DATA SUPPLIED below:
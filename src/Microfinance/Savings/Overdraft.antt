-- ===== src/Microfinance/Savings/Overdraft.antt =====
-- No request takes a savings account below zero. `withdraw` compares the amount with the balance
-- that the endpoint has just loaded, before anything is posted.
use eminidatabase.Base.{
  ℕ, false, ◌≡◌, refl, inl, inr, some, List, [], ◌∷◌, arith, All, Option-cases, Bool-cases,
}
use eminidatabase.Base.Int.{ℤ, pos, ◌≤ℤ◌, int_laws, ltb_ℤ}
use eminidatabase.Base.Table.{lookup, modify}
use eminidatabase.Base.Keys.{lookup-modify_lem}
use eminidatabase.Base.Action.{WhenReturned, >>=-WhenReturned}
use eminidatabase.Base.Preserves.{Preserves, preserves_rules}
use eminidatabase.Microfinance.Tenant.{
  Session, SavingsAccount, AccountType, internal_account, savings_account, loan, other, debit,
  credit, TransactionType,
}
use eminidatabase.Microfinance.Ledger.{
  LedgerLine, get_account, signed_add, post_line, post_lines, opened, post_transaction,
}
use eminidatabase.Microfinance.Savings.{
  get_cash_account, is_active, deposit, withdraw, deposit_lines, withdrawal_lines,
}
use eminidatabase.Microfinance.Ledger.Idempotent.{post_transaction-WhenReturned}

abbrev pub NeverOverdrawn : Session → Type 0
NeverOverdrawn s =
    (i : ℕ) (a : SavingsAccount) → lookup i s.savings_accounts ≡ some a → pos 0 ≤ℤ a.balance_cached

-- A line that leaves its account, if it is a savings account, at zero or above.
abbrev Affordable : Session → LedgerLine → Type 0
Affordable s line = elim line.account_type [
  | savings_account ↦
      (a : SavingsAccount)
      → lookup line.account_id s.savings_accounts ≡ some a
      → pos 0 ≤ℤ signed_add line.direction credit a.balance_cached line.amount
  | _ ↦ Unit
]

modify-NeverOverdrawn :
    (i : ℕ) (f : ℤ → ℤ) (s : Session)
    → ((a : SavingsAccount) → lookup i s.savings_accounts ≡ some a → pos 0 ≤ℤ f a.balance_cached)
    → NeverOverdrawn s
    → (j : ℕ) (a : SavingsAccount)
    → lookup j (modify i (λ a. record a { balance_cached = f a.balance_cached }) s.savings_accounts)
      ≡ some a
    → pos 0 ≤ℤ a.balance_cached
modify-NeverOverdrawn i f s ok h j a e = elim (Option-cases (lookup j s.savings_accounts)) [
  | inl missing ↦ ground (
    arith,
    lookup-modify_lem i j (λ a. record a { balance_cached = f a.balance_cached })
        s.savings_accounts,
  )
  | inr (old, found) ↦ ground (
    arith,
    lookup-modify_lem i j (λ a. record a { balance_cached = f a.balance_cached })
        s.savings_accounts,
    ok old,
    h j old,
  )
]

post_line-NeverOverdrawn :
    (tid : ℕ) (line : LedgerLine) (ty : AccountType) (s : Session)
    → line.account_type ≡ ty
    → Affordable s line
    → NeverOverdrawn s
    → WhenReturned (λ _ t. NeverOverdrawn t) (post_line tid line s)
unfolding post_line get_account
post_line-NeverOverdrawn tid line internal_account s e ok h =
    elim (Option-cases (lookup line.account_id s.internal_accounts)) [
      | inl missing ↦ ground arith
      | inr (a, found) ↦ ground arith
    ]
post_line-NeverOverdrawn tid line savings_account s e ok h =
    elim (Option-cases (lookup line.account_id s.savings_accounts)) [
      | inl missing ↦ ground arith
      | inr (a, found) ↦ ground (
        arith,
        modify-NeverOverdrawn line.account_id
            (λ balance. signed_add line.direction credit balance line.amount) s,
      )
    ]
post_line-NeverOverdrawn tid line loan s e ok h =
    elim (Option-cases (lookup line.account_id s.loans)) [
      | inl missing ↦ ground arith
      | inr (a, found) ↦ ground arith
    ]
post_line-NeverOverdrawn tid line other s e ok h = ground arith

post_lines-NeverOverdrawn :
    (tid : ℕ) (lines : List LedgerLine) (s : Session)
    → All (λ line. (t : Session) → NeverOverdrawn t → Affordable t line) lines
    → NeverOverdrawn s
    → WhenReturned (λ _ t. NeverOverdrawn t) (post_lines tid lines s)
unfolding post_lines
post_lines-NeverOverdrawn tid [] s ok h = h
post_lines-NeverOverdrawn tid (line ∷ lines) s (first, rest) h =
    >>=-WhenReturned (λ _ t. NeverOverdrawn t) (λ _ t. NeverOverdrawn t) (post_line tid line)
      (λ _. post_lines tid lines) s
      (post_line-NeverOverdrawn tid line line.account_type s refl (first s h) h)
      (λ _ t k. post_lines-NeverOverdrawn tid lines t rest k)

-- A posting whose lines credit savings accounts at most.
pub post_transaction-NeverOverdrawn :
    (type_name : TransactionType) (key : ℕ) (lines : List LedgerLine)
    → All (λ line. (t : Session) → NeverOverdrawn t → Affordable t line) lines
    → Preserves NeverOverdrawn (post_transaction type_name key lines)
post_transaction-NeverOverdrawn type_name key lines ok = record {
  when_returned = λ s h.
      post_transaction-WhenReturned NeverOverdrawn type_name key lines s h
        (post_lines-NeverOverdrawn s.next_id lines (opened type_name key lines s) ok h);
}

-- The two lines of a withdrawal.
abbrev withdrawn : ℕ → ℤ → LedgerLine
withdrawn i amount = record {
  account_type = savings_account;
  account_id = i;
  direction = debit;
  amount = amount;
}

abbrev paid_out : ℕ → ℤ → LedgerLine
paid_out cash_id amount = record {
  account_type = internal_account;
  account_id = cash_id;
  direction = credit;
  amount = amount;
}

withdrawal-NeverOverdrawn :
    (cash_id i : ℕ) (account : SavingsAccount) (amount : ℤ) (key : ℕ) (s : Session)
    → lookup i s.savings_accounts ≡ some account
    → ltb_ℤ account.balance_cached amount ≡ false
    → NeverOverdrawn s
    → WhenReturned
        (λ _ t. NeverOverdrawn t)
        (post_transaction TransactionType.withdrawal key (withdrawal_lines cash_id i amount) s)
unfolding post_lines
withdrawal-NeverOverdrawn cash_id i account amount key s found enough h =
    post_transaction-WhenReturned NeverOverdrawn TransactionType.withdrawal key
      (withdrawal_lines cash_id i amount) s h
      (>>=-WhenReturned (λ _ t. NeverOverdrawn t) (λ _ t. NeverOverdrawn t)
        (post_line s.next_id (withdrawn i amount))
        (λ _. post_lines s.next_id (paid_out cash_id amount ∷ []))
        (opened TransactionType.withdrawal key (withdrawal_lines cash_id i amount) s)
        (post_line-NeverOverdrawn s.next_id (withdrawn i amount) savings_account
          (opened TransactionType.withdrawal key (withdrawal_lines cash_id i amount) s) refl
          (λ a e. grind (int_laws, e, found, enough)) h)
        (λ _ t k.
          post_lines-NeverOverdrawn s.next_id (paid_out cash_id amount ∷ []) t ((λ _ _. tt), tt) k))

deposit_lines-Affordable :
    (i : ℕ) (amount : ℤ)
    → pos 0 ≤ℤ amount
    → (cash_id : ℕ)
    → All
        (λ line. (t : Session) → NeverOverdrawn t → Affordable t line)
        (deposit_lines cash_id i amount)
deposit_lines-Affordable i amount ok cash_id =
    ((λ _ _. tt), ((λ t h a e. omega (int_laws, h i a e)), tt))

pub get_cash_account-NeverOverdrawn : Preserves NeverOverdrawn get_cash_account
unfolding get_cash_account
get_cash_account-NeverOverdrawn = search preserves_rules

get_cash_account_same : (s : Session) → Preserves (λ t. t ≡ s) get_cash_account
unfolding get_cash_account
get_cash_account_same s = search preserves_rules

pub deposit-NeverOverdrawn :
    (i : ℕ) (account : SavingsAccount) (amount : ℤ) (key : ℕ)
    → pos 0 ≤ℤ amount
    → Preserves NeverOverdrawn (deposit i account amount key)
unfolding deposit
deposit-NeverOverdrawn i account amount key ok =
    search
      (
        preserves_rules,
        get_cash_account-NeverOverdrawn,
        post_transaction-NeverOverdrawn,
        deposit_lines-Affordable i amount ok,
      )
      depth 12

pub withdraw-NeverOverdrawn :
    (i : ℕ) (account : SavingsAccount) (amount : ℤ) (key : ℕ) (s : Session)
    → lookup i s.savings_accounts ≡ some account
    → NeverOverdrawn s
    → WhenReturned (λ _ t. NeverOverdrawn t) (withdraw i account amount key s)
unfolding withdraw
withdraw-NeverOverdrawn i account amount key s found h =
    elim (Bool-cases (is_active account.status)) [
      | inr inactive ↦ rw inactive tt
      | inl active ↦ elim (Bool-cases (ltb_ℤ account.balance_cached amount)) [
        | inl short ↦ ground arith
        | inr enough ↦
            rw (active, enough)
              (>>=-WhenReturned (λ _ t. t ≡ s) (λ _ t. NeverOverdrawn t) get_cash_account
                (λ drawer.
                  post_transaction TransactionType.withdrawal key
                    (withdrawal_lines drawer.0 i amount))
                s ((get_cash_account_same s).when_returned s refl)
                (λ drawer t same.
                  rw same
                    (withdrawal-NeverOverdrawn drawer.0 i account amount key s found enough h)))
      ]
    ]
End of DATA SUPPLIED.
Check every line above for the string "drawer" and copy those that have it.

                (λ drawer.
                    (withdrawal_lines drawer.0 i amount))
                (λ drawer t same.
                    (withdrawal-NeverOverdrawn drawer.0 i account amount key s found enough h)))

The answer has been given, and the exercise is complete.